Я кивнул. Он смотрел мне прямо в глаза, я снова видел в его взгляде разочарование и презрение, и мне казалось, что своим кивком я соглашаюсь с ним: да, я разочаровываю, да, я заслуживаю презрения.
– Я слышал, вы одно время были хорошо знакомы с убитой. Мы ищем преступника в ее социальном окружении. Что вы знаете о ее контактах, друзьях, знакомых?
Комиссар снова застал меня у пекарни. Идя ко мне, он смотрел, как я там стою. Небо было мрачное, и на душе у меня было мрачно, и под взглядом комиссара я чувствовал себя насекомым, которое хотят раздавить.
Пока на меня не снизошло нечто вроде озарения. Это был тот момент, когда заново встряхивали и выбрасывали по-новому игральные кости моей судьбы. Если я захочу, все будет по-другому. Мне только нужно это сделать: раздавить насекомое, вместо того чтобы позволять давить меня как насекомое. Мне только нужно это сделать, и в моей жизни появится свет.
– Время, когда Анна и я были знакомы, давно прошло. К сожалению. Вы говорили с родителями и слышали, что Анна в последнее время вращалась в плохом обществе. Она мне как-то сказала, что ее новые друзья – ученики двенадцатого класса. Они так не выглядели. Но откуда мне знать, как сейчас выглядят ученики двенадцатого класса.
– Если мы покажем вам фотографии, вы опознаете друзей Анны?
– Не уверен. Я иногда видел из моего окна, как ее забирали или привозили домой. – Я взглянул на комиссара и усмехнулся. – Вы сами смотрели из моего окна на улицу – там довольно большое расстояние. Но позвоните мне, когда у вас будут их фотографии, я охотно зайду к вам.
Я увидел удивление на его лице. Он заметил, что что-то изменилось, что я изменился. Что я стал сильным. Я откланялся, и он меня не удерживал. Я пришел домой и раскрыл коробку, в которой лежал отцовский вальтер.
Я нашел его после смерти отца среди непрочитанных статей, слипшихся книг по истории и искусству, нераспечатанных коллекционных наборов медалей, монет и почтовых марок, нераспакованных посылок с техническими устройствами, кашемировыми шалями, серебряными столовыми приборами и подсвечниками, а также среди всяких приобретений по специальным предложениям, от которых отец в старости не мог удержаться: в качестве золотого запаса он складывал добычу горой в своем рабочем кабинете, где давно уже не работал.
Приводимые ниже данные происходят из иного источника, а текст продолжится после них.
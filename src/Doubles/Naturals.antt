-- ===== src/Doubles/Naturals.antt =====
-- The natural numbers in the place of the doubles, for runs on small inputs.
use file_transfer_cmd.Prelude.{arith, leb, ltb, ℕ, ◌*◌, ◌+◌, ◌-◌, ◌/◌}
use file_transfer_cmd.Doubles.{Doubles, DoublesLaws}

abbrev pub naturals : Doubles ℕ
naturals = record {
  lt = ltb;
  le = leb;
  add = λ a b. a + b;
  sub = λ a b. a - b;
  mul = λ a b. a * b;
  div = λ a b. a / b;
  fabs = λ a. a;
  of_nat = λ a. a;
  epsilon = 0;
}

pub naturals-laws : DoublesLaws naturals
naturals-laws = record { irrefl = λ x. ground arith; asym = λ x y h. ground arith }
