-- ===== src/Conf/SavedTests.antt =====
-- A configuration that is saved and loaded again. The doubles are numbers, as their text has them.
use file_transfer_cmd.Prelude.{ap, arith, false, refl, some, true, ℕ, ◌≡◌}
use file_transfer_cmd.Conf.{
  LocalConf, Platform, codes, decimal, is_blank, is_digit, load_conf, new_conf, parse_digits,
  save_conf, show_int, trim_end, trim_start,
}
use file_transfer_cmd.Conf.Saved.{load_conf-save_conf}
use file_transfer_cmd.Conf.Text.{IsPlainText, show_int-IsPlainText}
use file_transfer_cmd.Conf.Valid.{IsValid}
use file_transfer_cmd.Doubles.Naturals.{naturals}
use file_transfer_cmd.Prelude.Int.{pos}

abbrev digits_only : Platform ℕ
digits_only = record {
  doubles = naturals;
  stod = λ text. some (parse_digits 0 text);
  show_double = λ x. show_int (pos x);
  dir_exists = λ path. true;
  documents_dir = codes "/home";
}

abbrev settings : LocalConf ℕ
settings = record {
  rdma_gid_index = pos 3;
  local_port = pos 4000;
  max_thread_num = pos 8;
  default_rate = 250;
  block_size = pos 64;
  block_num = pos 32;
  saved_folder_path = codes "/srv/my files";
}

settings-IsValid : IsValid digits_only settings
settings-IsValid = record {
  gid = refl;
  port = refl;
  threads = refl;
  rate = refl;
  size = refl;
  blocks = refl;
}

path-IsPlainText : IsPlainText (codes "/srv/my files")
unfolding trim_start trim_end is_blank
path-IsPlainText = record { start = refl; end = refl; some_text = omega arith; line = refl }

read_back : parse_digits 0 (show_int (pos 250)) ≡ 250
unfolding parse_digits show_int decimal is_digit
read_back = refl

load_conf-save_conf_example :
    load_conf digits_only (save_conf digits_only settings) (new_conf digits_only)
    ≡ (false, settings)
load_conf-save_conf_example =
    load_conf-save_conf digits_only settings (new_conf digits_only) settings-IsValid (omega arith)
      (show_int-IsPlainText (pos 250)) (ap some read_back) path-IsPlainText refl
Он был журналистом, контактировал с людьми всех сортов, может быть, и с уголовными элементами? И обзавелся пистолетом, потому что собирал информацию в уголовном мире и ему было страшно? Или для него, в прошлом кадрового офицера, было само собой разумеющимся, что человек должен иметь оружие? После его смерти я должен был сдать пистолет в полицию. Но когда я его в конце концов нашел в той свалке, которую оставил после себя отец, со дня его смерти прошли уже недели, и я побоялся, что в полиции на меня посмотрят с недоверием. Так что я оставил пистолет у себя, убрал его подальше и закрыл.
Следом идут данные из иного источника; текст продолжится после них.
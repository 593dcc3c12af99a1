-- ===== src/Conf/Tests.antt =====
-- Runs of the configuration parser, and the theorems on them. The doubles are numbers.
use file_transfer_cmd.Prelude.{List, [], none, refl, true, ℕ, ◌∷◌, ◌≡◌}
use file_transfer_cmd.Conf.{
  Platform, codes, in_int, is_blank, is_comment_or_empty, is_digit, is_space, load_line, load_lines,
  new_conf, parse_digits, read_int, set_value, skip_space, split_eq, stoi, stoi_digits, stoi_signed,
  trim, trim_end, trim_start,
}
use file_transfer_cmd.Conf.Valid.{IsValid, load_conf-IsValid}
use file_transfer_cmd.Doubles.Naturals.{naturals}
use file_transfer_cmd.Prelude.Int.{pos}

abbrev plain : Platform ℕ
plain = record {
  doubles = naturals;
  stod = λ text. none;
  show_double = λ x. [];
  dir_exists = λ path. true;
  documents_dir = codes "/home";
}

abbrev conf_lines : List (List ℕ)
conf_lines =
    codes "# Configuration File"
    ∷ codes "  BlockNum = 64 "
    ∷ codes "ListenPort = 70000"
    ∷ codes "MaxThreadNum = -5"
    ∷ codes "no value"
    ∷ []

-- A value in its range is taken; the others fall back, and each is an error.
conf-run : (load_lines plain conf_lines (new_conf plain)).1.block_num ≡ pos 64
unfolding load_lines load_line set_value read_int trim trim_start trim_end is_blank
    is_comment_or_empty split_eq stoi stoi_signed stoi_digits skip_space is_space is_digit
    parse_digits in_int new_conf
conf-run = refl

load_conf-IsValid_example : IsValid plain (load_lines plain conf_lines (new_conf plain)).1
load_conf-IsValid_example = load_conf-IsValid plain conf_lines refl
Я вынул пистолет и взвесил его в руке. Ощущение было приятным: тяжелый, надежный, опасный. Я никогда его не разбирал, не чистил, не смазывал; я не настолько хорошо разбираюсь в оружии. Но я могу вынуть обойму, снарядить ее и снова вдвинуть. Я могу поставить пистолет на предохранитель и снять его с предохранителя.
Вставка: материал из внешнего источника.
-- ===== src/Master.antt =====
-- The master's RateCollector (master.cpp): the clients report their rates, a row of the queue stands
-- for one moment, and complete rows are published in order. The mutex makes each report and each
-- publication a step. An access out of range is `none`.
pub mod Rows
pub mod Order
pub mod Factor
pub mod Config
pub mod TestCase
pub mod Short
mod Tests
mod FactorTests
use file_transfer_cmd.Prelude.{
  Bool, List, Option, [], false, get_elem?, get_or, if◌then◌else◌, leb, length, ltb, none,
  replicate, set, some, suc, true, zero, ℕ, ◌&&◌, ◌*◌, ◌++◌, ◌+◌, ◌==◌, ◌||◌, ◌∷◌,
}
use file_transfer_cmd.Prelude.Words.{sub32}

pub record RateInfo (D : Type 0) : Type 0 where
  pub seq_num : ℕ
  pub rate : D

pub record RateQueueElem (D : Type 0) : Type 0 where
  pub rates : List (RateInfo D)
  pub ready : Bool
  pub seq_num : ℕ

pub record RateCollector (D : Type 0) : Type 0 where
  pub rate_queue : List (RateQueueElem D)
  pub client_num : ℕ
  pub wait_seq_num : ℕ
  pub finished_count : ℕ
  pub finished_arr : List Bool
  pub finished : Bool

-- The collector of a new transfer (consume).
unfoldable pub new_collector : {D : Type 0} → ℕ → RateCollector D
new_collector client_num = record {
  rate_queue = [];
  client_num = client_num;
  wait_seq_num = 0;
  finished_count = 0;
  finished_arr = replicate client_num false;
  finished = false;
}

-- A row in which no client has reported; `unset` is -2.0.
unfoldable pub new_row : {D : Type 0} → D → ℕ → ℕ → RateQueueElem D
new_row unset client_num seq = record {
  rates = replicate client_num (record { seq_num = 0; rate = unset });
  ready = false;
  seq_num = seq;
}

-- The loop that appends rows up to the reported moment, on fuel.
unfoldable pub extend_queue : {D : Type 0} → D → ℕ → ℕ → RateCollector D → RateCollector D
extend_queue unset zero moment c = c
extend_queue unset (suc fuel) moment c =
    let more = extend_queue unset fuel moment (record c {
      rate_queue = c.rate_queue ++ new_row unset c.client_num c.wait_seq_num ∷ [];
      wait_seq_num = c.wait_seq_num + 1;
    }) in
    if length c.rate_queue == 0 || leb c.wait_seq_num moment then more else c

-- The loop over the clients: those that have not started yet end it, those that have finished and
-- the reporting one are passed over.
pub all_ready : {D : Type 0} → (D → Bool) → ℕ → ℕ → ℕ → List Bool → List (RateInfo D) → Bool
all_ready negative seq idx i ended [] = true
all_ready negative seq idx i ended (r ∷ rs) =
    let others = all_ready negative seq idx (i + 1) ended rs in
    if i == idx
    then others
    else if ltb seq (i * 100)
    then true
    else if get_or ended i false
    then others
    else if r.seq_num == 0 && negative r.rate
    then false
    else others

-- The row with one more report; a row has a place for every client.
pub fill_row :
    {D : Type 0} → (D → Bool) → ℕ → RateInfo D → List Bool → RateQueueElem D → RateQueueElem D
fill_row negative idx info ended e =
    let rates = set e.rates idx info in
    record e {
      rates = rates;
      ready = if all_ready negative e.seq_num idx 0 ended rates then true else e.ready;
    }

-- The report goes to row `k`; a negative rate some moments after the start is a client's last.
pub fill_at :
    {D : Type 0} → (D → Bool) → ℕ → RateInfo D → ℕ → ℕ → RateCollector D → Option (RateCollector D)
fill_at negative idx info moment k c = elim (get_elem? c.rate_queue k) [
  | none ↦ none
  | some row ↦
      let ends = ltb (idx * 100 + 5) moment && negative info.rate in
      some (record c {
        rate_queue = set c.rate_queue k (fill_row negative idx info c.finished_arr row);
        finished_count = if ends then c.finished_count + 1 else c.finished_count;
        finished_arr = if ends then set c.finished_arr idx true else c.finished_arr;
      })
]

-- The row of a moment is counted from the front of the queue.
pub put_report :
    {D : Type 0}
    → (D → Bool)
    → ℕ
    → RateInfo D
    → ℕ
    → RateCollector D
    → List (RateQueueElem D)
    → Option (RateCollector D)
put_report negative idx info moment c [] = none
put_report negative idx info moment c (first ∷ rows) =
    fill_at negative idx info moment (sub32 moment first.seq_num) c

-- One report of client `idx` (the body of collect_rate_info).
pub collect_rate :
    {D : Type 0} → D → (D → Bool) → ℕ → RateInfo D → RateCollector D → Option (RateCollector D)
collect_rate unset negative idx info c =
    let moment = info.seq_num + idx * 100 in
    let c₁ = extend_queue unset (moment + 2) moment c in
    put_report negative idx info moment c₁ c₁.rate_queue

-- The end of a client's connection.
pub hang_up : {D : Type 0} → RateCollector D → RateCollector D
hang_up c = if c.finished_count == c.client_num then record c { finished = true } else c

-- One round of check_and_send_thread: it waits, or takes the front row.
pub publish : {D : Type 0} → RateCollector D → RateCollector D × Option (RateQueueElem D)
publish c = elim c.rate_queue [
  | [] ↦ (c, none)
  | row ∷ rows ↦
      if c.finished || row.ready then (record c { rate_queue = rows }, some row) else (c, none)
]

pub data Report (D : Type 0) : Type 0 where
  rate_of : ℕ → RateInfo D → Report D
  leaves publishes : Report D

abbrev pub row_list : {A : Type 0} → Option A → List A
row_list none = []
row_list (some a) = a ∷ []

-- The collector after some steps, and the rows published.
pub run_collector :
    {D : Type 0}
    → D
    → (D → Bool)
    → List (Report D)
    → RateCollector D
    → List (RateQueueElem D)
    → Option (RateCollector D × List (RateQueueElem D))
run_collector unset negative [] c log = some (c, log)
run_collector unset negative (rate_of idx info ∷ es) c log =
    elim (collect_rate unset negative idx info c) [
      | none ↦ none
      | some c' ↦ run_collector unset negative es c' log
    ]
run_collector unset negative (leaves ∷ es) c log = run_collector unset negative es (hang_up c) log
run_collector unset negative (publishes ∷ es) c log =
    let (c', row) = publish c in run_collector unset negative es c' (log ++ row_list row)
Я подошел к окну и посмотрел на улицу. Солнце разогнало серый туман, весенний день сиял. Я пойду в городской парк; может быть, на деревьях и кустах уже показалась первая зелень; может быть, уже зацвели розы «форсайт». Я сяду на скамейку возле старичка с газетой или рядом с молодой женщиной с ребенком, мы обменяемся несколькими словами, и моя ясность осветит их темноту.
Как это решение освободило меня! Я был счастлив, хотя я этого еще не сделал и еще только должен был сделать. Я стал наконец самим собой, бесстрашным, энергичным, мужественным, и Анна снова была моей.
И у меня было такое ощущение, словно я это уже сделал – нет, не просто сделал, но словно я это совершил. Словно я подождал, когда он выйдет из дома, встал, перешел через улицу, вынул из кармана пистолет и выстрелил.